Mr. Meekhof said part of the discussion between Senate Democrats and Mr. Hansen, among others involved in the issue, is the question of the governance structure. Democrats have been adamant that they want to try to return power to school boards and locally elected officials who are closest to the situation in the city.

MORE ON ROAD FUNDING: When the Senate finished its work on a road funding solution for the state, Mr. Meekhof indicated that there would likely be more to come yet on the issue in 2016.

“There’s a small group that had a few ideas that didn’t make it into the package that they still want to work on,” he said. “What I hope doesn’t happen is there’s something critical that happens, a bridge fails and we have to re-allocate or do something differently.” But he said he has confidence in the Department of Transportation to know and be held accountable to accomplishing the most critical things first.

GUBERNATORIAL RUN: As most candidates currently holding office with time to spare would say, Mr. Meekhof said in response to a question about his interest in running for governor in 2018 that he is “very happy” in his current role as majority leader.

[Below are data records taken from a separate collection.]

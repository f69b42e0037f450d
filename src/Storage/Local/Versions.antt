-- ===== src/Storage/Local/Versions.antt =====
-- localvault/mutations.go: the version check, and what an update leaves to be read.
use para_mcp.Prelude.{
  ◌≡◌, refl, ap, ◌∙◌, Bool, true, false, not, ◌&&◌, none, some, [], ◌∷◌, ◌++◌, arith,
}
use para_mcp.Prelude.Assoc.{get, put, get-put}
use para_mcp.Prelude.Text.{Text, same, dec_text}
use para_mcp.Domain.Value.{Fields}
use para_mcp.Domain.Results.{ok, err, conflict}
use para_mcp.Domain.Entities.{Time, Note, FrontMatter}
use para_mcp.Domain.Filter.{is_empty}
use para_mcp.Domain.Path.{NormalizedPath}
use para_mcp.Storage.Notes.{newline, note_text, trim_newlines}
use para_mcp.Storage.Notes.RoundTrip.{
  IsYaml, starts_clean, parse_note-note_text, format_note-IsYaml, trim_newlines-clean,
}
use para_mcp.Storage.Local.{
  Site, Local, read, write, normalize_path, read_note, note_of, mutation_of,
}
use para_mcp.Storage.Local.Mutations.{
  current, save, update_body, patch_front_matter, replace, move, move_plan, delete, write_file,
}

-- Whether a version is asked for and another one is there.
abbrev pub is_stale : Text → Text → Bool
is_stale if_match etag = not (is_empty if_match) && not (same etag if_match)

module _ {N : Type 0} {X : Type 0} (e : Site N X) where
  pub current-stale :
      (path if_match : Text) (w : Local X) (note : Note)
      → read_note e path w ≡ ok note
      → is_stale if_match note.etag ≡ true
      → current e path if_match w ≡ err conflict
  unfolding current
  current-stale path if_match w note r s = rw r (rw s refl)

  pub current-fresh :
      (path if_match : Text) (w : Local X) (note : Note)
      → read_note e path w ≡ ok note
      → is_stale if_match note.etag ≡ false
      → current e path if_match w ≡ ok note
  unfolding current
  current-fresh path if_match w note r s = rw r (rw s refl)

  stale_not_empty :
      (if_match etag : Text) → is_stale if_match etag ≡ true → is_empty if_match ≡ false
  stale_not_empty if_match etag s = ground arith

  -- Where the note is at another version than the one asked for, an update of the body, a patch, a
  -- replacement, a move and a deletion are each a conflict and change nothing.
  pub stale_version :
      (now : Time) (path new_path body if_match : Text) (fields : Fields) (soft : Bool)
      (w : Local X) (np nnp : NormalizedPath) (note : Note)
      → normalize_path e path ≡ ok np
      → normalize_path e new_path ≡ ok nnp
      → read_note e np.storage w ≡ ok note
      → is_stale if_match note.etag ≡ true
      → (update_body e now path body if_match w ≡ (err conflict, w))
        × (patch_front_matter e now path fields if_match w ≡ (err conflict, w))
        × (replace e now path fields body if_match w ≡ (err conflict, w))
        × (move e path new_path if_match w ≡ (err conflict, w))
        × (delete e path soft if_match w ≡ (err conflict, w))
  unfolding update_body patch_front_matter replace move move_plan delete
  stale_version now path new_path body if_match fields soft w np nnp note p q r s =
      let c = current-stale np.storage if_match w note r s in
      let n = stale_not_empty if_match note.etag s in
      (
        rw p (rw c refl),
        rw p (rw c refl),
        rw p (rw c refl),
        rw p (rw q (rw c refl)),
        rw p (rw c (rw n refl)),
      )

  -- A file that was written as a note is read as that note.
  pub read_note-written :
      (path lines body : Text) (fm : FrontMatter) (w : Local X)
      → e.os.refuse read path ≡ none
      → IsYaml e.codec fm lines
      → get dec_text path w.files ≡ some (note_text e.codec (lines ++ (newline ∷ [])) body)
      → read_note e path w ≡ ok (note_of e path (fm, trim_newlines body))
  unfolding read_note
  read_note-written path lines body fm w r y g =
      rw r (rw g (rw (parse_note-note_text e.codec fm lines body y) refl))

  get-put_same :
      (path : Text) (file : Text) (w : Local X)
      → get dec_text path (put dec_text path file w.files) ≡ some file
  get-put_same path file w = ground (arith, get-put dec_text path path file w.files)

  -- The tail of an update writes the file, and returns what is read from it.
  pub save-read_note :
      (caches : NormalizedPath → Note → Local X → Local X) (np : NormalizedPath) (fm : FrontMatter)
      (body lines : Text) (w : Local X)
      → ((n : Note) (v : Local X) → (caches np n v).files ≡ v.files)
      → e.os.refuse read np.storage ≡ none
      → e.os.refuse write np.storage ≡ none
      → IsYaml e.codec fm lines
      → starts_clean body ≡ true
      → let note = note_of e np.storage (fm, body) in
        ((save e caches np note w).0 ≡ ok (mutation_of e note))
        × (read_note e np.storage (save e caches np note w).1 ≡ ok note)
  unfolding save note_of write_file
  save-read_note caches np fm body lines w keeps r a y clean =
      let note = note_of e np.storage (fm, body) in
      let file = note_text e.codec (lines ++ (newline ∷ [])) body in
      let v : Local X = record w { files = put dec_text np.storage file w.files } in
      rw (format_note-IsYaml e.codec fm lines body y) (
        rw a (
          refl,
          read_note-written np.storage lines body fm (caches np note v) r y
                (ap (get dec_text np.storage) (keeps note v) ∙ get-put_same np.storage file w)
              ∙ ap (λ b. ok (note_of e np.storage (fm, b))) (trim_newlines-clean body clean),
        ))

“I’ve said, if I do this job well, I have plenty of opportunities. And that’s not why I’m doing this job. I think every one of my colleagues would agree – in the normal course of business, they probably made more money. Nobody cared what they did on the weekend. And people didn’t demand you be at every parade and everything like that when you weren’t an elected position.

“The burden of leadership is great, but it’s also an opportunity to shape Michigan for the future,” Mr. Meekhof said. “For most of my colleagues that are my age, a lot of those opportunities may not exist like they do for our kids and grand kids, and we try to make it better for their opportunities.”